For a given pfamout_path determine if each protein qualifies as "biologically interesting" and report such genes (to console or --output, if given) that are unique to given tool (i.e. Helixer or BRAKER) based on OrthoFinder orthogroups. If --combined option is given, report genes predicted by both tools but not existing in WBPS. If --odb option is given, consider only proteins that have orthologues inside/outside Nematoda ODB10 when equal to "exists"/"missing", respectively.

venn3_orthogroups.ipynb

Create 3-way venn diagram plots of orthogroups from OrthoFinder outputs.
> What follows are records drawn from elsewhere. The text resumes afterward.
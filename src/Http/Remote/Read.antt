-- ===== src/Http/Remote/Read.antt =====
-- What `vtfs_http_read` makes of the server's data.
use Prim.Native.Nat.{bit_or}
use vtfs.Base.{
  ℕ, ◌+◌, ◌*◌, ◌/◌, ◌%◌, ◌≤◌, ◌<◌, ◌≡◌, ◌≢◌, refl, sym, ap, ◌∙◌, ◌⊎◌, inl, inr, Bool, true, false,
  not, Option, none, some, [], ◌∷◌, ◌++◌, ltb, arith, if◌then◌else◌,
}
use vtfs.Base.Int.{ℤ, pos, neg, int_of, enoent, einval}
use vtfs.Base.Lists.{length}
use vtfs.Base.Strings.{Bytes, codes}
use vtfs.Http.Base64.{pad, sextet, bytes_to_base64, encode, base64_decode, output_length}
use vtfs.Http.Base64.RoundTrip.{AreBytes, decode-encode_round_trip, length-encode}
use vtfs.Http.Base64.Digits.{is_text, sextet-is_text}
use vtfs.Http.Base64.Overflow.{base64_decode_bounds}
use vtfs.Http.Text.{strstr, starts_with, print, print_int}
use vtfs.Http.Server.{Server}
use vtfs.Http.Json.{extract_json_field}
use vtfs.Http.Json.Field.{Plain, clip_value, quoted_name, extract_json_field_value}
use vtfs.Http.Call.{Net, buffer_size, vtfs_http_call}
use vtfs.Http.Remote.{has, error_field, quoted, of_decoded, of_read, vtfs_http_read}

-- The body that the server prints for a read, with the data in base 64.
abbrev pub read_body : (base64 after : Bytes) → Bytes
read_body base64 after =
    b'{'
    ∷ (quoted_name (codes "result")
        ++ (b':' ∷ b'{' ∷ (quoted_name (codes "data") ++ (b':' ∷ b'"' ∷ (base64 ++ b'"' ∷ after)))))

result_found :
    (base64 after : Bytes)
    → strstr (read_body base64 after) (quoted (codes "result"))
      ≡ some (
          quoted_name (codes "result")
          ++ (b':'
              ∷ b'{'
              ∷ (quoted_name (codes "data") ++ (b':' ∷ b'"' ∷ (base64 ++ b'"' ∷ after)))))
unfolding strstr starts_with
result_found base64 after = refl

data_found :
    (base64 after : Bytes)
    → strstr
        (quoted_name (codes "result")
          ++ (b':'
              ∷ b'{'
              ∷ (quoted_name (codes "data") ++ (b':' ∷ b'"' ∷ (base64 ++ b'"' ∷ after)))))
        (quoted (codes "data"))
      ≡ some (quoted_name (codes "data") ++ (b':' ∷ b'"' ∷ (base64 ++ b'"' ∷ after)))
unfolding strstr starts_with
data_found base64 after = refl

-- The code of bytes has no quote and no NUL.
four-Plain :
    (p q r s : ℕ) (rest : Bytes)
    → is_text p ≡ true
    → is_text q ≡ true
    → is_text r ≡ true
    → is_text s ≡ true
    → Plain rest
    → Plain (p ∷ q ∷ r ∷ s ∷ rest)
four-Plain p q r s rest hp hq hr hs (n0, nq) = (ground arith, ground arith)

encode-Plain : (bytes : Bytes) → Plain (encode bytes)
unfolding encode
encode-Plain [] = (refl, refl)
encode-Plain (a ∷ []) =
    four-Plain (sextet (a / 4)) (sextet (bit_or (a * 16) (0 / 16))) pad pad []
      (sextet-is_text (a / 4)) (sextet-is_text (bit_or (a * 16) (0 / 16))) refl refl (refl, refl)
encode-Plain (a ∷ b ∷ []) =
    four-Plain (sextet (a / 4)) (sextet (bit_or (a * 16) (b / 16)))
      (sextet (bit_or (b * 4) (0 / 64))) pad [] (sextet-is_text (a / 4))
      (sextet-is_text (bit_or (a * 16) (b / 16))) (sextet-is_text (bit_or (b * 4) (0 / 64))) refl
      (refl, refl)
encode-Plain (a ∷ b ∷ c ∷ rest) =
    four-Plain (sextet (a / 4)) (sextet (bit_or (a * 16) (b / 16)))
      (sextet (bit_or (b * 4) (c / 64))) (sextet c) (encode rest) (sextet-is_text (a / 4))
      (sextet-is_text (bit_or (a * 16) (b / 16))) (sextet-is_text (bit_or (b * 4) (c / 64)))
      (sextet-is_text c) (encode-Plain rest)

int_of_small : (n : ℕ) → n < buffer_size → int_of n ≡ pos n
int_of_small n lt = ground arith

clip_value_short : (n : ℕ) (s : Bytes) → length s < n → clip_value n s ≡ s
clip_value_short n s lt = ground arith

module _ (server : Server) (net : Net) (token path base64 after : Bytes) (size : ℕ) (offset : ℤ)
    (initialized : server.initialized ≡ true) (memory : net.has_buffer ≡ true)
    (plain : Plain base64) (short : length base64 < buffer_size)
    (no_error : has (strstr (read_body base64 after) error_field) ≡ false)
    (answered : vtfs_http_call server net token (codes "read") buffer_size (
        (codes "path", path)
        ∷ (codes "offset", print_int offset)
        ∷ (codes "size", print 10 size)
        ∷ [])
      ≡ some (pos 0, some (read_body base64 after))) where
  abbrev call : Option (ℤ × Option Bytes)
  call = vtfs_http_call server net token (codes "read") buffer_size (
      (codes "path", path)
      ∷ (codes "offset", print_int offset)
      ∷ (codes "size", print 10 size)
      ∷ [])

  read_decoded :
      vtfs_http_read server net token path size offset ≡ of_decoded (base64_decode base64 size)
  unfolding vtfs_http_read
  read_decoded =
      let value : extract_json_field
            (quoted_name (codes "data") ++ (b':' ∷ b'"' ∷ (base64 ++ b'"' ∷ after))) (codes "data")
            buffer_size
          ≡ (pos 0, some (clip_value buffer_size base64)) =
        extract_json_field_value [] (codes "data") (refl, refl) (omega arith) (b':' ∷ []) base64
          after buffer_size (refl, refl) plain in
      let whole : clip_value buffer_size base64 ≡ base64 =
        clip_value_short buffer_size base64 short in
      ap (λ (b : Bool). if not b then some (neg enoent, []) else of_read net size call) initialized
      ∙ ap (of_read net size) answered
      ∙ rw no_error (
          rw (result_found base64 after)
            (rw (data_found base64 after) (rw value (rw memory (rw whole)))))

  -- Where the server answers a read with a body of data in base 64, no error in it, and the data
  -- fit into the 4096 bytes of the buffer for text: `vtfs_http_read` refuses data whose length is
  -- no multiple of 4 with -EINVAL; else it gives the bytes that `base64_decode` makes of the data, as
  -- many as the data stand for and at most as many as were asked for; and data that stand for more bytes than were asked for make it write
  -- behind the end of its memory.
  pub vtfs_http_read_bounds :
      ((length base64 % 4 ≢ 0)
        × (vtfs_http_read server net token path size offset ≡ some (neg einval, [])))
      ⊎ ((length base64 % 4 ≡ 0)
            × (size < output_length base64)
            × (vtfs_http_read server net token path size offset ≡ none)
          ⊎ ((bytes : Bytes) × (length bytes ≡ output_length base64)
              × (length bytes ≤ size)
              × (base64_decode base64 size ≡ some (pos 0, bytes))
              × (vtfs_http_read server net token path size offset
                  ≡ some (int_of (length bytes), bytes))))
  vtfs_http_read_bounds = elim (base64_decode_bounds base64 size) [
    | inl (odd, run) ↦ inl (odd, read_decoded ∙ ap of_decoded run)
    | inr (inl (whole, small, run)) ↦ inr (inl (whole, small, read_decoded ∙ ap of_decoded run))
    | inr (inr (bytes, fits, exact, run)) ↦
        inr (inr (bytes, exact, omega (arith, exact), run, read_decoded ∙ ap of_decoded run))
  ]

-- The same where the data are the code of a list of bytes.
module _ (server : Server) (net : Net) (token path bytes after : Bytes) (size : ℕ) (offset : ℤ)
    (initialized : server.initialized ≡ true) (memory : net.has_buffer ≡ true)
    (values : AreBytes bytes) (short : (length bytes + 2) / 3 * 4 < buffer_size)
    (fits : length bytes ≤ size)
    (no_error : has (strstr (read_body (encode bytes) after) error_field) ≡ false)
    (answered : vtfs_http_call server net token (codes "read") buffer_size (
        (codes "path", path)
        ∷ (codes "offset", print_int offset)
        ∷ (codes "size", print 10 size)
        ∷ [])
      ≡ some (pos 0, some (read_body (encode bytes) after))) where
  decoded : base64_decode (encode bytes) size ≡ some (pos 0, bytes)
  unfolding bytes_to_base64
  decoded =
      let room = (length bytes + 2) / 3 * 4 + 1 in
      let fits_in : ltb room room ≡ false = ground arith in
      let code : (bytes_to_base64 bytes room).1 ≡ encode bytes = rw fits_in in
      ap (λ (r : Bytes). base64_decode r size) (sym code)
      ∙ (decode-encode_round_trip bytes room size values (omega arith) fits).1

  -- Where the server answers a read with a body of the code of some bytes in base64, no error in it,
  -- the code fits into the 4096 bytes of the buffer for text, and the bytes are at most as many as
  -- were asked for: `vtfs_http_read` gives the bytes and their number.
  pub vtfs_http_read-encode :
      vtfs_http_read server net token path size offset ≡ some (pos (length bytes), bytes)
  vtfs_http_read-encode =
      read_decoded server net token path (encode bytes) after size offset initialized memory
        (encode-Plain bytes) (omega (arith, length-encode bytes, short)) no_error answered
      ∙ ap of_decoded decoded
      ∙ ap (λ (r : ℤ). some (r, bytes)) (int_of_small (length bytes) (omega (arith, short)))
global_pident_inference.ipynb

Test various formulae for estimating global alignment pident just from BLAST outputs. Outputs residual plots. If there is a good model, it will negate the need to run the inefficient Needleman-Wunsch algorithm for each all-vs-all pairing of sequences to determine global alignment identity.

./filter_longest_transcripts.py input_gff3

Iterates through all genes for a given input_gff and selects the transcript with longest protein coding length. Prints each gene, longest transcript and all its child features to stdout.

reannotation_X_all.ipynb

Perform analysis on reannotation of species X, comparing output of automated tools with canonical WBPS annotation. Parses OrthoFinder results and derives statistics such as InterPro accession frequencies.